You don't have to have a larger printer than your press to eliminate press marks. You just need your paper size to be larger than your *pressing area*. So you could print on an 8.5" x 11" and then use a 8" x 10" Teflon pillow or vapor foam piece under your shirt, and you will eliminate the paper lines, even if it's a giant press. Does that make sense?


----------



## Susie (Oct 19, 2007)

Thanks for the input Rusty. Does anyone know how much it really costs to use these inks in the 4800 carts? Too bad one company owns both inks. Good tip about the Rip. The PowerDriver is probably engineered to use as much ink as possible. Now that wouldn't surprise me. I'm still trying to figure out which ink, printer and delivery method is the best value (time/money wise). I wanted very high quality colour output for cut and sew rash guards eventually. That's why I thought about the 8-colour Epson. I'll need a bigger printer later but I just wanted to start out with something more manageable while I learn the business. I have some t-shirt orders already (if they don't get fed up of waiting for me to make my mind up). I have a printing and graphic arts/computer programming background but this sublimation thing is new to me. There are just so many choices you start feeling a little swamped! The cost is not as important to me as simply having the proper equipment to do the job without going insane. But all over cut and sew prints will get expensive - so of course, that part of it comes into play. And if you have to choose between Sublijet - better blacks and Artainium - better colour(or the other way round) - geez, I don't know. I need good blacks and good colour! Don't we all!
Long post over,
Out


----------



## BRC (Mar 27, 2007)

I tried the Sublijet with Powerdriver and was not happy with the prints, they were all too dark for me. But I bought that system used and ran out of ink before I had a chance to do a lot of experimenting with it. I have used Artanium for 3 years with very few problems and didn't see any reason to spend more money to try an ink I didn't need. I ran out of black and had almost 50% of all the other colors so I guessed that it had printed everything way too dark from the start. I use a C-88 and I approximate my cost to be around $1.50 per page for a 6 X 12 print ( I do a lot of license plates). That is using bulk ink I use to fill my own cartridges. The 4800 which is an excellent printer from everything I hear should be about the same give or take a little. I have no problems with the black, but a few people seem to think it is not as black as Sublijet What you might do is ask for a sample of one of your prints from each and see which you like better. Just make sure it is the same print on both not just a sample they choose to make that they have perfected to show how great their ink is.


----------



## Dingbat (Jun 12, 2007)

I have the 4800 printer and use the 220ml cartridges. The 4800 is an excellent printer and works well for sublimation printing. I have very little clogging, unless I leave the printer off for more that 4 days. When I do, I just run the nozzle check/clean and everything is back in shape. As with most inkjet printers, the higher level machines have more spray holes and are much better at delivering ink to the paper than the lower cost printers. My 4800 uses less ink than 1800 to produce the same print.

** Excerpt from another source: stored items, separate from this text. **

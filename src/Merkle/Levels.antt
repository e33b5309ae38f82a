-- ===== src/Merkle/Levels.antt =====
-- What `Tree.levels` holds: the leaf hashes, and above each row the hashes of its complete pairs.
-- About `Append` of crypto/merkle/tree.go and the entries of the rows.
use otvoren_vot.Prelude.{
  ℕ, zero, suc, ◌-◌, ◌*◌, ◌/◌, ◌%◌, ◌^◌, ◌≤◌, ◌<◌, ◌≡◌, refl, ap, sym, subst, ◌∙◌, List, [], ◌∷◌,
  ◌++◌, arith, length, take, drop, get_elem?, Bytes, two_pow-suc, two_pow_pos, length-take,
  length-drop, length-append, some, ◌⊎◌, inl, inr,
}
use otvoren_vot.Merkle.Hash.{Hash, ok, ◌>>=◌, index, node_hash, leaf_hash}
use otvoren_vot.Merkle.Tree.{Tree, new, size, size_of, append_loop, append, first_row, rows_above}
use otvoren_vot.Merkle.Spec.{tree_hash, tree_hash_split, slice, length-slice}

module _ (sha256 : Bytes → Bytes) where
  -- The parents of the complete pairs of a row.
  unfoldable pub pairs : List Hash → List Hash
  pairs [] = []
  pairs (x ∷ []) = []
  pairs (x ∷ y ∷ xs) = node_hash sha256 x y ∷ pairs xs

  abbrev pub HasLevels : List (List Hash) → List Hash → Type 0
  HasLevels [] leaves = leaves ≡ []
  HasLevels (row ∷ above) leaves =
      (row ≡ leaves) × (0 < length leaves) × HasLevels above (pairs leaves)

  pub length-pairs : (xs : List Hash) → length (pairs xs) ≡ length xs / 2
  unfolding pairs
  length-pairs [] = refl
  length-pairs (x ∷ []) = refl
  length-pairs (x ∷ y ∷ xs) = omega (arith, length-pairs xs)

  take-pairs : (n : ℕ) (xs : List Hash) → take n (pairs xs) ≡ pairs (take (2 * n) xs)
  unfolding pairs
  take-pairs zero xs = refl
  take-pairs (suc n) [] = let e : 2 * suc n ≡ suc (suc (2 * n)) = omega arith in rw e
  take-pairs (suc n) (x ∷ []) = let e : 2 * suc n ≡ suc (suc (2 * n)) = omega arith in rw e
  take-pairs (suc n) (x ∷ y ∷ xs) =
      let e : 2 * suc n ≡ suc (suc (2 * n)) = omega arith in
      rw e (ap (◌∷◌ (node_hash sha256 x y)) (take-pairs n xs))

  drop-pairs : (n : ℕ) (xs : List Hash) → drop n (pairs xs) ≡ pairs (drop (2 * n) xs)
  unfolding pairs
  drop-pairs zero xs = refl
  drop-pairs (suc n) [] = let e : 2 * suc n ≡ suc (suc (2 * n)) = omega arith in rw e
  drop-pairs (suc n) (x ∷ []) = let e : 2 * suc n ≡ suc (suc (2 * n)) = omega arith in rw e
  drop-pairs (suc n) (x ∷ y ∷ xs) =
      let e : 2 * suc n ≡ suc (suc (2 * n)) = omega arith in rw e (drop-pairs n xs)

  -- A complete tree, hashed from below and from above.
  tree_hash-pairs :
      (j : ℕ) (xs : List Hash)
      → length xs ≡ 2 ^ suc j
      → tree_hash sha256 j (pairs xs) ≡ tree_hash sha256 (suc j) xs
  unfolding pairs
  tree_hash-pairs zero [] h = absurd (omega arith)
  tree_hash-pairs zero (x ∷ []) h = absurd (omega arith)
  tree_hash-pairs zero (x ∷ y ∷ []) h = unfold tree_hash in refl
  tree_hash-pairs zero (x ∷ y ∷ z ∷ xs) h = absurd (omega arith)
  tree_hash-pairs (suc j) xs h =
      tree_hash_split sha256 j (pairs xs)
        (omega (arith, length-pairs xs, two_pow-suc j, two_pow-suc (suc j), two_pow_pos j))
      ∙ rw (take-pairs (2 ^ j) xs, drop-pairs (2 ^ j) xs, ← two_pow-suc j)
          (rw
            (
              tree_hash-pairs j (take (2 ^ suc j) xs)
                  (omega (arith, length-take (2 ^ suc j) xs, two_pow-suc (suc j))),
              tree_hash-pairs j (drop (2 ^ suc j) xs)
                  (omega (arith, length-drop (2 ^ suc j) xs, two_pow-suc (suc j))),
            )
            (sym (
              tree_hash_split sha256 (suc j) xs
                (omega (arith, h, two_pow-suc (suc j), two_pow_pos (suc j))))))

  slice-pairs :
      (lo hi : ℕ) (xs : List Hash) → slice lo hi (pairs xs) ≡ pairs (slice (2 * lo) (2 * hi) xs)
  slice-pairs lo hi xs =
      let e : 2 * (hi - lo) ≡ 2 * hi - 2 * lo = omega arith in
      rw (drop-pairs lo xs, take-pairs (hi - lo) (drop (2 * lo) xs), e)

  tree_hash_one :
      (i : ℕ) (xs : List Hash)
      → i < length xs
      → index xs i ≡ ok (tree_hash sha256 0 (slice i (suc i) xs))
  unfolding tree_hash
  tree_hash_one i [] h = absurd (omega arith)
  tree_hash_one zero (x ∷ xs) h = refl
  tree_hash_one (suc i) (x ∷ xs) h =
      let e : suc (suc i) - suc i ≡ suc i - i = omega arith in
      rw e (tree_hash_one i xs (omega arith))

  -- Entry i of row j is the hash of the leaves from i * 2^j to (i + 1) * 2^j.
  pub entry :
      (j i : ℕ) (levels : List (List Hash)) (leaves : List Hash)
      → HasLevels levels leaves
      → suc i * 2 ^ j ≤ length leaves
      → (index levels j >>= λ row. index row i)
        ≡ ok (tree_hash sha256 j (slice (i * 2 ^ j) (suc i * 2 ^ j) leaves))
  entry j i [] leaves v h =
      absurd
        (omega (arith, ap length v, two_pow_pos j, ap (λ (t : ℕ). suc i * t) (refl {a = 2 ^ j})))
  entry zero i (row ∷ above) leaves v h =
      let e : i * 1 ≡ i = omega arith in
      let e' : suc i * 1 ≡ suc i = omega arith in
      rw (v.0, e, e') (tree_hash_one i leaves (omega arith))
  entry (suc j) i (row ∷ above) leaves v h =
      let double : (k : ℕ) → 2 * (k * 2 ^ j) ≡ k * 2 ^ suc j =
        λ k. omega (arith, ap (λ (t : ℕ). k * t) (two_pow-suc j)) in
      entry j i above (pairs leaves) v.2 (omega (arith, length-pairs leaves, double (suc i)))
      ∙ rw (slice-pairs (i * 2 ^ j) (suc i * 2 ^ j) leaves, double i, double (suc i))
          (ap ok (
            tree_hash-pairs j (slice (i * 2 ^ suc j) (suc i * 2 ^ suc j) leaves)
              (omega (arith, length-slice (i * 2 ^ suc j) (suc i * 2 ^ suc j) leaves h))))

  pairs-append_even :
      (xs : List Hash) (h : Hash) → length xs % 2 ≡ 0 → pairs (xs ++ h ∷ []) ≡ pairs xs
  unfolding pairs
  pairs-append_even [] h e = refl
  pairs-append_even (x ∷ []) h e = absurd (omega arith)
  pairs-append_even (x ∷ y ∷ xs) h e =
      ap (◌∷◌ (node_hash sha256 x y)) (pairs-append_even xs h (omega arith))

  pairs-append_odd :
      (xs : List Hash) (h : Hash)
      → length xs % 2 ≡ 1
      → (l : Hash) × (get_elem? (xs ++ h ∷ []) (length xs - 1) ≡ some l)
        × (pairs (xs ++ h ∷ []) ≡ pairs xs ++ node_hash sha256 l h ∷ [])
  unfolding pairs
  pairs-append_odd [] h e = absurd (omega arith)
  pairs-append_odd (x ∷ []) h e = (x, refl, refl)
  pairs-append_odd (x ∷ y ∷ xs) h e =
      let (l, found, paired) = pairs-append_odd xs h (omega arith) in
      let k : suc (suc (length xs)) - 1 ≡ suc (suc (length xs - 1)) = omega arith in
      (l, rw k found, ap (◌∷◌ (node_hash sha256 x y)) paired)

  first_row_lem :
      (rows : List (List Hash)) (xs : List Hash) → HasLevels rows xs → first_row rows ≡ xs
  unfolding first_row
  first_row_lem [] xs v = sym v
  first_row_lem (row ∷ above) xs v = v.0

  rows_above_lem :
      (rows : List (List Hash)) (xs : List Hash)
      → HasLevels rows xs
      → HasLevels (rows_above rows) (pairs xs)
  unfolding rows_above
  rows_above_lem [] xs v = rw v (unfold pairs in refl)
  rows_above_lem (row ∷ above) xs v = v.2

  append_loop_lem :
      (f : ℕ) (rows : List (List Hash)) (xs : List Hash) (h : Hash) (i : ℕ)
      → HasLevels rows xs
      → i ≡ length xs
      → i < f
      → (rows' : List (List Hash)) × (append_loop sha256 f rows h i ≡ ok rows')
        × HasLevels rows' (xs ++ h ∷ [])
  unfolding append_loop
  append_loop_lem zero rows xs h i v e lt = absurd (omega arith)
  append_loop_lem (suc f) rows xs h i v e lt = elim (parity i) [
    | inl even ↦ (
      (first_row rows ++ h ∷ []) ∷ rows_above rows,
      ground arith,
      (
        rw (first_row_lem rows xs v),
        omega (arith, length-append xs (h ∷ [])),
        rw (pairs-append_even xs h (omega arith)) (rows_above_lem rows xs v),
      ),
    )
    | inr odd ↦
        let (l, found, paired) = pairs-append_odd xs h (omega arith) in
        let (rest, done, good) =
          append_loop_lem f (rows_above rows) (pairs xs) (node_hash sha256 l h) (i / 2)
            (rows_above_lem rows xs v) (omega (arith, length-pairs xs)) (omega arith) in
        let found' : get_elem? (first_row rows ++ h ∷ []) (i - 1) ≡ some l =
          subst (λ r. get_elem? (r ++ h ∷ []) (i - 1) ≡ some l) (sym (first_row_lem rows xs v))
            (subst (λ k. get_elem? (xs ++ h ∷ []) (k - 1) ≡ some l) (sym e) found) in
        (
          (first_row rows ++ h ∷ []) ∷ rest,
          ground (arith, found', done),
          (rw (first_row_lem rows xs v), omega (arith, length-append xs (h ∷ [])), rw paired good),
        )
  ]
    where
      parity : (n : ℕ) → (n % 2 ≡ 0) ⊎ (n % 2 ≡ 1)
      parity n = ground arith

  size-HasLevels :
      (levels : List (List Hash)) (leaves : List Hash)
      → HasLevels levels leaves
      → size_of levels ≡ length leaves
  unfolding size_of
  size-HasLevels [] leaves v = rw v
  size-HasLevels (row ∷ above) leaves v = rw v.0

  -- The tree over these leaf hashes.
  abbrev pub Holds : Tree → List Hash → Type 0
  Holds t leaves = HasLevels t.levels leaves

  pub size-Holds : (t : Tree) (leaves : List Hash) → Holds t leaves → size t ≡ length leaves
  unfolding size
  size-Holds t leaves v = size-HasLevels t.levels leaves v

  pub new-Holds : Holds new []
  unfolding new
  new-Holds = refl

  -- `append` succeeds on every tree that holds some leaves, and adds the hash of the new leaf at the
  -- end of them.
  pub append-Holds :
      (t : Tree) (leaves : List Hash) (bytes : Bytes)
      → Holds t leaves
      → (t' : Tree) × (append sha256 t bytes ≡ ok t')
        × Holds t' (leaves ++ leaf_hash sha256 bytes ∷ [])
  unfolding append
  append-Holds t leaves bytes v =
      let (levels, done, good) =
        append_loop_lem (suc (size_of t.levels)) t.levels leaves (leaf_hash sha256 bytes)
          (size_of t.levels) v (size-HasLevels t.levels leaves v) (omega arith) in
      (record { levels = levels }, rw done, good)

Because the 220ml carts are so large, the ink within is sold at the bulk price. Do the math . . the same cost per volume of ink with less ink used = better price per printed product.

My customers are asking for larger graphics and the 17" x whatever length you choose, makes for wonderfully large prints. If I'm printing smaller items, I just add serveral copies of my logo (put them on the bottom of a sleeve) and print a 17" x 6" sheet. I did not select the hybrid chromablast. I got the 8 color sublimation version and my photo items are my biggest sellers.


----------



## rusty (Feb 9, 2007)

The debate over the blacks is funny. I've ALWAYS heard that Sublijet has a truer black. Never once have I heard anybody say ArTainium's black is better. But when I was talking to my Conde rep (who happens to sell only ArTainium), he told me that he's always heard ArTainium has a truer black than Sublijet. I wonder who he heard that from? The ArTainium rep maybe? It's just funny. It just shows you really can't trust anything anybody says when they have something to sell you.


----------



## rrc62 (Jun 2, 2007)

when you ask the vendors about ink costs, they all seem to agree that a 1280/1400/1800 is about 1.5 cents per square inch. They also say the the 4800 costs a little less, but I don't have an exact number.


----------



## rusty (Feb 9, 2007)

rrc62 said:


> when you ask the vendors about ink costs, they all seem to agree that a 1280/1400/1800 is about 1.5 cents per square inch. They also say the the 4800 costs a little less, but I don't have an exact number.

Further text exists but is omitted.